### [PROMPT]
Copy out exactly the stretch of the listing below that begins at the line containing "filename src/Recovery/Targets.antt" and ends at the line containing "-- its recovery item name exactly.", and copy nothing outside it.

○ ○ ○ ○ ○

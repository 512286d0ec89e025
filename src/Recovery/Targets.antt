-- ===== src/Recovery/Targets.antt =====
-- `_exact_target_locks` and `_assert_target_lock_binding_checkpoint` of
-- backend/app/operations/recovery/infrastructure/repository.py: the open locks that an Operation and
-- its recovery item name exactly.
-- A lock's id is its primary key, so a query by the id and other columns reads the row of the id.
use gjallar.Prelude.{
  ℕ, String, Bool, true, false, not, ◌&&◌, ◌||◌, Option, none, some, List, [], ◌∷◌, leb, nat_eq,
  ◌==◌, if◌then◌else◌,
}
use gjallar.Prelude.Text.{strip}
use gjallar.Json.{Json, Fields, null, bool, number, text, get}
use gjallar.Json.Compare.{json_eq, or_null, is_truthy, mapping, bit}
use gjallar.Operation.Event.{Platform}
use gjallar.Result.{Result, ◌>>◌, raise_if, value_error}
use gjallar.Database.{OperationRecord, OperationLockRecord, active, is_open, is_locator, find_lock}
use gjallar.Lock.{decimal}
use gjallar.Lock.Binding.{LockReference, lock_references, target_vmid}
use gjallar.HostConfig.{LockBinding, is_host_type, lock_binding}

-- str(v) of a JSON value
abbrev pub str_of : Platform → Json → String
str_of p null = "None"
str_of p (bool true) = "True"
str_of p (bool false) = "False"
str_of p (number n) = decimal n
str_of p (text s) = s
str_of p v = p.str_of_container v

-- str(d.get(k) or "")
abbrev pub str_or_empty : Platform → String → Fields → String
str_or_empty p k fs = if is_truthy (or_null (get k fs)) then str_of p (or_null (get k fs)) else ""

-- str(d.get(k) or "").strip()
abbrev pub stripped_at : Platform → String → Fields → String
stripped_at p k fs = strip (str_or_empty p k fs)

-- The columns that the query for a reference compares, all but the id.
abbrev pub is_locator_lock : OperationRecord → String → LockReference → OperationLockRecord → Bool
is_locator_lock operation cluster_id reference row =
    (row.owner_id == operation.operation_id)
    && (row.operation_type == operation.operation_type)
    && is_locator row.scope_type
    && elim row.vmid [ none ↦ false | some vmid ↦ nat_eq vmid reference.vmid ]
    && is_open row.status
    && (row.cluster_id == cluster_id)

-- The row of the id, where it passes the test.
unfoldable pub lock_where :
    String → (OperationLockRecord → Bool) → List OperationLockRecord → Option OperationLockRecord
lock_where id test locks = elim (find_lock id locks) [
  | none ↦ none
  | some row ↦ if test row then some row else none
]

-- The loop over the references.
unfoldable pub locator_locks :
    OperationRecord
    → String
    → List LockReference
    → List OperationLockRecord
    → Option (List OperationLockRecord)
unfolding lock_where
locator_locks operation cluster_id [] locks = some []
locator_locks operation cluster_id (reference ∷ references) locks =
    let rest = locator_locks operation cluster_id references locks in
    elim (lock_where reference.lock_id (is_locator_lock operation cluster_id reference) locks) [
      | none ↦ none
      | some row ↦ elim rest [ none ↦ none | some rows ↦ some (row ∷ rows) ]
    ]

-- sorted(references, key=lambda row: row["vmid"]) of at most two rows
abbrev pub by_vmid : List LockReference → List LockReference
by_vmid (a ∷ b ∷ []) = if leb a.vmid b.vmid then a ∷ b ∷ [] else b ∷ a ∷ []
by_vmid references = references

-- The columns that the query for a configuration lock compares, all but the id, and its evidence.
abbrev pub is_configuration_lock : OperationRecord → LockBinding → OperationLockRecord → Bool
is_configuration_lock operation binding row =
    (row.owner_id == operation.operation_id)
    && (row.operation_type == operation.operation_type)
    && not (is_locator row.scope_type)
    && (row.scope_key == binding.scope_key)
    && (row.cluster_id == binding.cluster_id)
    && elim row.vmid [ none ↦ true | some vmid ↦ false ]
    && is_open row.status
    && json_eq (or_null (get "operation_id" row.evidence)) (text operation.operation_id)
    && json_eq (or_null (get "target_type" row.evidence)) (text operation.target_type)
    && json_eq (or_null (get "target_id" row.evidence)) (text operation.target_id)
    && json_eq (or_null (get "target" row.evidence)) binding.target

-- `_exact_target_locks` of a host operation
unfoldable pub configuration_locks :
    Platform → OperationRecord → Fields → List OperationLockRecord → List OperationLockRecord
unfolding lock_where
configuration_locks p operation recovery_details locks =
    elim (lock_binding p operation.operation_type operation.target_type operation.target_id
      operation.details recovery_details) [
        | none ↦ []
        | some binding ↦
            if not (operation.execution_mode == binding.execution_mode)
            then []
            else elim (lock_where binding.target_lock_id (is_configuration_lock operation binding)
                locks) [ none ↦ [] | some row ↦ row ∷ [] ]
      ]

-- `_exact_target_locks`
unfoldable pub exact_target_locks :
    Platform → OperationRecord → Fields → List OperationLockRecord → List OperationLockRecord
unfolding configuration_locks locator_locks
exact_target_locks p operation recovery_details locks =
    let references =
      lock_references operation.operation_type operation.target_id operation.details
        recovery_details in
    let cluster_id = stripped_at p "cluster_id" recovery_details in
    if is_host_type operation.operation_type
    then configuration_locks p operation recovery_details locks
    else if not (operation.target_type == "proxmox_vm") || (cluster_id == "")
    then []
    else elim (locator_locks operation cluster_id (by_vmid references) locks) [
      | none ↦ []
      | some rows ↦ rows
    ]

-- x in {"", y}
abbrev pub blank_or : String → String → Bool
blank_or x y = (x == "") || (x == y)

-- int(durable.get("vmid") or 0), or 0 where it raises; none for a negative number
abbrev pub int_or_zero : Platform → Json → Option ℕ
int_or_zero p (number n) = some n
int_or_zero p (bool b) = some (bit b)
int_or_zero p (text s) =
    if s == "" then some 0 else elim (p.int_of_text s) [ none ↦ some 0 | some n ↦ n ]
int_or_zero p v = some 0

abbrev pub is_active_lock : OperationLockRecord → Bool
is_active_lock row = elim row.status [ active ↦ true | _ ↦ false ]

-- len(locks) != 1 or locks[0].status != "active", negated
abbrev pub is_one_active : List OperationLockRecord → Bool
is_one_active (row ∷ []) = is_active_lock row
is_one_active _ = false

-- str(d.get(k) or "") == s
abbrev pub str_is : Platform → String → String → Fields → Bool
str_is p k s fs = str_or_empty p k fs == s

-- `exact_projection`; its pattern has ASCII digits, since `locks` is empty for any other target id
unfoldable pub exact_projection : Platform → OperationRecord → String → String → Fields → Bool
unfolding target_vmid get
exact_projection p operation lock_id cluster_id binding =
    let durable = mapping (get "durable" binding) in
    elim (target_vmid operation.target_id) [
      | none ↦ false
      | some vmid ↦
          str_is p "target_type" operation.target_type binding
          && str_is p "target_id" operation.target_id binding
          && str_is p "owner_id" operation.operation_id binding
          && str_is p "operation_lock_id" lock_id durable
          && str_is p "cluster_id" cluster_id durable
          && str_is p "owner_id" operation.operation_id durable
          && str_is p "operation_type" operation.operation_type durable
          && str_is p "scope_type" "proxmox_locator" durable
          && elim (int_or_zero p (or_null (get "vmid" durable))) [
            | none ↦ false
            | some n ↦ nat_eq n vmid
          ]
    ]

-- str(durable.get("operation_lock_id") or recorded.get("lock_id") or "").strip()
abbrev pub recorded_lock_id : Platform → Fields → String
recorded_lock_id p recorded =
    let durable = mapping (get "durable" recorded) in
    if is_truthy (or_null (get "operation_lock_id" durable))
    then stripped_at p "operation_lock_id" durable
    else stripped_at p "lock_id" recorded

-- `_assert_target_lock_binding_checkpoint`
unfoldable pub assert_binding_checkpoint :
    Platform
    → OperationRecord
    → Fields
    → Fields
    → Fields
    → List OperationLockRecord
    → Result (Unit {0})
unfolding exact_projection get
assert_binding_checkpoint p operation current effective patch locks = do
  let lock_id = stripped_at p "target_lock_id" effective
  let cluster_id = stripped_at p "cluster_id" effective
  raise_if
      ((lock_id == "")
        || (cluster_id == "")
        || not (blank_or (stripped_at p "target_lock_id" current) lock_id)
        || not (blank_or (stripped_at p "cluster_id" current) cluster_id)
        || not (is_one_active locks))
      value_error
  let recorded = mapping (get "target_operation_lock" operation.details)
  raise_if
      (not (
          exact_projection p operation lock_id cluster_id
            (mapping (get "target_operation_lock" patch)))
        || not (blank_or (recorded_lock_id p recorded) lock_id)
        || not
            (blank_or (stripped_at p "cluster_id" (mapping (get "durable" recorded))) cluster_id))
      value_error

○ ○ ○ ○ ○

### [COMPLETED TASK]
filename src/Recovery/Targets.antt
-- ===== src/Recovery/Targets.antt =====
-- `_exact_target_locks` and `_assert_target_lock_binding_checkpoint` of
-- backend/app/operations/recovery/infrastructure/repository.py: the open locks that an Operation and
-- its recovery item name exactly.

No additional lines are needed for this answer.